▶ _Description of the task_
Go through the entries below and pick out every line with "mathlib".

*** Data supplied Section Begins ***

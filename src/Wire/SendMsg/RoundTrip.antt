-- ===== src/Wire/SendMsg/RoundTrip.antt =====
-- A relayed message and the answer to it arrive.
use mathlib.Core.List.{append_assoc}
use message_bus_all_in_one_f.Common.{
  ℕ, ◌≤◌, ◌<◌, ◌^◌, ◌≡◌, false, some, List, ◌++◌, length, take, arith,
}
use message_bus_all_in_one_f.Memory.{done, too_short, at_pointer, htons, htonl, store16, store32}
use message_bus_all_in_one_f.Memory.Copy.{
  padded, strncpy-eq, strncpy-padded, drop-padded, memcpy-eq, memcpy-take,
}
use message_bus_all_in_one_f.Memory.Words.{net16, net32, htons-htons, htonl-htonl}
use message_bus_all_in_one_f.Wire.Message.{Message}
use message_bus_all_in_one_f.Wire.Message.RoundTrip.{IsSendable, Survives, survives}
use message_bus_all_in_one_f.Wire.Register.{name_size}
use message_bus_all_in_one_f.Wire.VarData.{replace_var_data}
use message_bus_all_in_one_f.Wire.SendMsg.{
  SendMsgReq, sendmsg_req_size, pack_sendmsg_req, unpack_sendmsg_req, sendmsg_req, SendMsgRsp,
  sendmsg_rsp_size, pack_sendmsg_rsp, unpack_sendmsg_rsp, sendmsg_rsp,
}

-- The request as it arrives in an object whose buffer was that of `old`.
abbrev pub sendmsg_req_received : SendMsgReq → SendMsgReq → SendMsgReq
sendmsg_req_received r old = record r {
  dest_name = padded name_size r.dest_name;
  from_name = padded name_size r.from_name;
  msg_content =
      replace_var_data old.msg_content (take r.msg_len (at_pointer r.msg_content.content));
}

abbrev pub sendmsg_req_bytes : SendMsgReq → List ℕ
sendmsg_req_bytes r =
    padded name_size r.dest_name
    ++ (padded name_size r.from_name
        ++ (store32 (htonl r.msg_len) ++ take r.msg_len (at_pointer r.msg_content.content)))

-- The arrays have their size, and the buffer holds as many bytes as the length says.
pub record IsFilled (r : SendMsgReq) : Type 0 where
  pub dest_full : length r.dest_name ≡ name_size
  pub from_full : length r.from_name ≡ name_size
  pub len_fits : r.msg_len < 2 ^ 32
  pub content_full : r.msg_len ≤ length (at_pointer r.msg_content.content)

pub pack_sendmsg_req_lem :
    (r : SendMsgReq) → IsFilled r → pack_sendmsg_req r 0 ≡ done (sendmsg_req_bytes r)
unfolding pack_sendmsg_req
pack_sendmsg_req_lem r v = rw (
  strncpy-eq name_size r.dest_name (omega arith),
  strncpy-eq name_size r.from_name (omega arith),
  memcpy-eq r.msg_len (at_pointer r.msg_content.content) v.content_full,
)

unpack_sendmsg_req_lem :
    (r r₀ : SendMsgReq) (rest : List ℕ)
    → IsFilled r
    → unpack_sendmsg_req r₀ (sendmsg_req_bytes r ++ rest) 0
      ≡ done (sendmsg_req_received r r₀, some 0)
unfolding unpack_sendmsg_req
unpack_sendmsg_req_lem r r₀ rest v =
    let content = take r.msg_len (at_pointer r.msg_content.content) in
    let tail = store32 (htonl r.msg_len) ++ content in
    let from = padded name_size r.from_name in
    rw (
      append_assoc (padded name_size r.dest_name) (from ++ tail) rest,
      append_assoc from tail rest,
      strncpy-padded name_size r.dest_name (from ++ (tail ++ rest)),
      drop-padded name_size r.dest_name (from ++ (tail ++ rest)),
      strncpy-padded name_size r.from_name (tail ++ rest),
      drop-padded name_size r.from_name (tail ++ rest),
      net32 r.msg_len (content ++ rest),
      htonl-htonl r.msg_len v.len_fits,
      memcpy-take r.msg_len (at_pointer r.msg_content.content) rest v.content_full,
    )

-- A relayed message with full name arrays and a buffer as long as its 32-bit length says, packed
-- into enough room: both names up to their NUL and exactly the bytes that the length counts arrive,
-- in a new buffer that the object owns.
pub sendmsg_req-Survives :
    (m m₀ : Message SendMsgReq) (len : ℕ) (rest : List ℕ)
    → IsSendable sendmsg_req m.head
    → too_short len (sendmsg_req_size m.body) ≡ false
    → IsFilled m.body
    → Survives sendmsg_req m m₀ len rest (sendmsg_req_received m.body m₀.body)
sendmsg_req-Survives m m₀ len rest v room filled =
    survives sendmsg_req m m₀ len _ rest _ v room (pack_sendmsg_req_lem m.body filled)
      (unpack_sendmsg_req_lem m.body m₀.body rest filled)

-- The answer as it arrives in an object whose buffer was that of `old`.
abbrev pub sendmsg_rsp_received : SendMsgRsp → SendMsgRsp → SendMsgRsp
sendmsg_rsp_received r old = record r {
  err_msg = replace_var_data old.err_msg (padded r.err_msg_len (at_pointer r.err_msg.content));
}

abbrev pub sendmsg_rsp_bytes : SendMsgRsp → List ℕ
sendmsg_rsp_bytes r =
    store16 (htons r.ret_code)
    ++ (store16 (htons r.err_msg_len) ++ padded r.err_msg_len (at_pointer r.err_msg.content))

pack_sendmsg_rsp_lem :
    (r : SendMsgRsp)
    → r.err_msg_len ≤ length (at_pointer r.err_msg.content)
    → pack_sendmsg_rsp r 0 ≡ done (sendmsg_rsp_bytes r)
unfolding pack_sendmsg_rsp
pack_sendmsg_rsp_lem r k = rw (strncpy-eq r.err_msg_len (at_pointer r.err_msg.content) k)

unpack_sendmsg_rsp_lem :
    (r r₀ : SendMsgRsp) (rest : List ℕ)
    → r.ret_code < 2 ^ 16
    → r.err_msg_len < 2 ^ 16
    → unpack_sendmsg_rsp r₀ (sendmsg_rsp_bytes r ++ rest) 0
      ≡ done (sendmsg_rsp_received r r₀, some 0)
unfolding unpack_sendmsg_rsp
unpack_sendmsg_rsp_lem r r₀ rest hc hl =
    let text = padded r.err_msg_len (at_pointer r.err_msg.content) in
    rw (
      net16 r.ret_code (store16 (htons r.err_msg_len) ++ (text ++ rest)),
      net16 r.err_msg_len (text ++ rest),
      htons-htons r.ret_code hc,
      htons-htons r.err_msg_len hl,
      strncpy-padded r.err_msg_len (at_pointer r.err_msg.content) rest,
    )

-- The answer to a relayed message, with a code and a length of 16 bits and a text buffer as long as
-- the length says: the code and the text up to its NUL arrive.
pub sendmsg_rsp-Survives :
    (m m₀ : Message SendMsgRsp) (len : ℕ) (rest : List ℕ)
    → IsSendable sendmsg_rsp m.head
    → too_short len (sendmsg_rsp_size m.body) ≡ false
    → m.body.ret_code < 2 ^ 16
    → m.body.err_msg_len < 2 ^ 16
    → m.body.err_msg_len ≤ length (at_pointer m.body.err_msg.content)
    → Survives sendmsg_rsp m m₀ len rest (sendmsg_rsp_received m.body m₀.body)
sendmsg_rsp-Survives m m₀ len rest v room hc hl k =
    survives sendmsg_rsp m m₀ len _ rest _ v room (pack_sendmsg_rsp_lem m.body k)
      (unpack_sendmsg_rsp_lem m.body m₀.body rest hc hl)
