-- ===== src/Server/Relay/Queueing.antt =====
-- process_sendmsg_req of Core/msgbus_server.cpp: what it queues for a request that is whole.
use mathlib.Core.List.{append-nil}
use message_bus_all_in_one_f.Common.{
  ℕ, ◌+◌, ◌*◌, ◌≡◌, refl, sym, ◌∙◌, false, true, some, Option, List, [], ◌++◌, take, take-take,
  length-take, arith,
}
use message_bus_all_in_one_f.Memory.{done, c_string, too_short, at_pointer, store32, htonl}
use message_bus_all_in_one_f.Memory.Copy.{
  memcpy-eq, padded-padded, padded, strncpy-padded, drop-padded, length-padded,
}
use message_bus_all_in_one_f.Memory.Words.{net32, htonl-htonl}
use message_bus_all_in_one_f.Wire.Head.{InRange, Head, new_head}
use message_bus_all_in_one_f.Wire.Message.{Class, unpack_data, Message, packed_head, pack_data}
use message_bus_all_in_one_f.Wire.Message.RoundTrip.{Survives}
use message_bus_all_in_one_f.Wire.Register.{name_size}
use message_bus_all_in_one_f.Wire.VarData.{replace_var_data, set_var_data}
use message_bus_all_in_one_f.Wire.SendMsg.{
  SendMsgRsp, sendmsg_rsp, SendMsgReq, unpack_sendmsg_req, sendmsg_req, req_sendmsg,
}
use message_bus_all_in_one_f.Wire.SendMsg.RoundTrip.{
  IsFilled, sendmsg_req_received, sendmsg_rsp_received, sendmsg_req_bytes, sendmsg_req-Survives,
  sendmsg_rsp-Survives,
}
use message_bus_all_in_one_f.Server.{Server, Sock, send}
use message_bus_all_in_one_f.Server.Relay.{
  is_exist, fresh_req, forward, process_sendmsg_req, queue_task, sendmsg_answer,
}

-- The object after UnPackBody of a whole request.
abbrev whole_req : SendMsgReq → SendMsgReq
whole_req r = sendmsg_req_received r (fresh_req [] [])

unpack_whole :
    (dest_junk from_junk : List ℕ) (r : SendMsgReq) (len : ℕ)
    → IsFilled r
    → too_short len (name_size * 2 + 4) ≡ false
    → too_short len (name_size * 2 + 4 + r.msg_len) ≡ false
    → unpack_sendmsg_req (fresh_req dest_junk from_junk) (sendmsg_req_bytes r) len
      ≡ done (whole_req r, some 0)
unfolding unpack_sendmsg_req
unpack_whole dest_junk from_junk r len v fixed whole =
    let content = take r.msg_len (at_pointer r.msg_content.content) in
    let tail = store32 (htonl r.msg_len) ++ content in
    rw (
      fixed,
      strncpy-padded name_size r.dest_name (padded name_size r.from_name ++ tail),
      drop-padded name_size r.dest_name (padded name_size r.from_name ++ tail),
      strncpy-padded name_size r.from_name tail,
      drop-padded name_size r.from_name tail,
      net32 r.msg_len content,
      htonl-htonl r.msg_len v.len_fits,
      whole,
      memcpy-eq r.msg_len content
          (omega (arith, length-take r.msg_len (at_pointer r.msg_content.content), v.content_full)),
      take-take r.msg_len r.msg_len (at_pointer r.msg_content.content) (omega arith),
    )

whole_req-IsFilled : (r : SendMsgReq) → IsFilled r → IsFilled (whole_req r)
unfolding replace_var_data
whole_req-IsFilled r v = record {
  dest_full = length-padded name_size r.dest_name;
  from_full = length-padded name_size r.from_name;
  len_fits = v.len_fits;
  content_full =
      omega (arith, length-take r.msg_len (at_pointer r.msg_content.content), v.content_full);
}

padded_twice : (s : List ℕ) → padded name_size (padded name_size s) ≡ padded name_size s
padded_twice s = let e = padded-padded name_size s [] in rw append-nil at e

received_twice :
    (r old : SendMsgReq) → sendmsg_req_received (whole_req r) old ≡ sendmsg_req_received r old
unfolding replace_var_data
received_twice r old = rw (
  padded_twice r.dest_name,
  padded_twice r.from_name,
  take-take r.msg_len r.msg_len (at_pointer r.msg_content.content) (omega arith),
)

-- What PackData wrote is what a round trip reads.
Survives-any :
    {Body : Type 0} (c : Class Body) (m m₀ : Message Body) (len : ℕ) (bytes rest : List ℕ)
    (got : Body)
    → pack_data c m len ≡ done (record m { head = packed_head c m }, bytes)
    → Survives c m m₀ len rest got
    → unpack_data c m₀ (bytes ++ rest) 0
      ≡ done (record { head = packed_head c m; body = got }, some 0)
Survives-any {Body = Body} c m m₀ len bytes rest got packs (bytes', packs', unpacks) =
    let e : bytes' ≡ bytes = same_bytes (sym packs' ∙ packs) in rw e at unpacks
  where
    same_bytes : {x y : Message Body × List ℕ} → done x ≡ done y → x.1 ≡ y.1
    same_bytes e = cc

-- A whole request to relay a message to a service that has a connection is queued for that service
-- and answered: what is queued is read by UnPackData, into any object and whatever follows it, as
-- the names and the bytes of the request, and what is answered as the code 0 under the request's
-- id, with an empty text.
pub process_sendmsg_req_relays :
    (dest_junk from_junk : List ℕ) (s : Server) (sp_tcp : Option Sock) (head : Head)
    (r : SendMsgReq) (to : List ℕ) (len : ℕ)
    → InRange head
    → IsFilled r
    → too_short len (name_size * 2 + 4) ≡ false
    → too_short len (name_size * 2 + 4 + r.msg_len) ≡ false
    → c_string (padded name_size r.dest_name) ≡ done to
    → is_exist s.active to ≡ true
    → (bytes answer : List ℕ) × (process_sendmsg_req dest_junk from_junk s sp_tcp head
          (sendmsg_req_bytes r)
          len
        ≡ done (send (queue_task s to bytes) sp_tcp answer))
      × ((m₀ : Message SendMsgReq) (rest : List ℕ)
          → unpack_data sendmsg_req m₀ (bytes ++ rest) 0
            ≡ done (
              record {
                head = packed_head sendmsg_req (record { head = new_head 0 req_sendmsg; body = r });
                body = sendmsg_req_received r m₀.body;
              },
              some 0,
            ))
      × ((m₀ : Message SendMsgRsp) (rest : List ℕ)
          → unpack_data sendmsg_rsp m₀ (answer ++ rest) 0
            ≡ done (
              record {
                head = packed_head sendmsg_rsp (sendmsg_answer head 0 []);
                body = sendmsg_rsp_received (sendmsg_answer head 0 []).body m₀.body;
              },
              some 0,
            ))
unfolding process_sendmsg_req forward set_var_data
process_sendmsg_req_relays dest_junk from_junk s sp_tcp head r to len v filled fixed whole named
      exists =
    let m : Message SendMsgReq = record { head = new_head 0 req_sendmsg; body = whole_req r } in
    let a : Message SendMsgRsp = sendmsg_answer head 0 [] in
    let req = λ (m₀ : Message SendMsgReq) (rest : List ℕ).
      sendmsg_req-Survives m m₀ 0 rest
        (record { in_range = omega arith; role_fits = refl; type_fits = refl }) refl
        (whole_req-IsFilled r filled) in
    let rsp = λ (m₀ : Message SendMsgRsp) (rest : List ℕ).
      sendmsg_rsp-Survives a m₀ 0 rest
        (record { in_range = omega (arith, v.msg_id_fits); role_fits = refl; type_fits = refl })
        refl (omega arith) (omega arith) (omega arith) in
    let (bytes, packs, read) = req m [] in
    let (answer, packs_answer, read_answer) = rsp a [] in
    (
      bytes,
      answer,
      rw
          (
            unpack_whole dest_junk from_junk r len filled fixed whole,
            named,
            exists,
            packs,
            packs_answer,
          )
          refl,
      (λ m₀ rest.
          Survives-any sendmsg_req m m₀ 0 bytes rest (sendmsg_req_received r m₀.body) packs
            (let q = req m₀ rest in rw (received_twice r m₀.body) at q)),
      λ m₀ rest.
          Survives-any sendmsg_rsp a m₀ 0 answer rest (sendmsg_rsp_received a.body m₀.body)
            packs_answer (rsp m₀ rest),
    )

*** Data supplied Section Ends ***

▶ _Output of the exercise_
use mathlib.Core.List.{append_assoc}
use mathlib.Core.List.{append-nil}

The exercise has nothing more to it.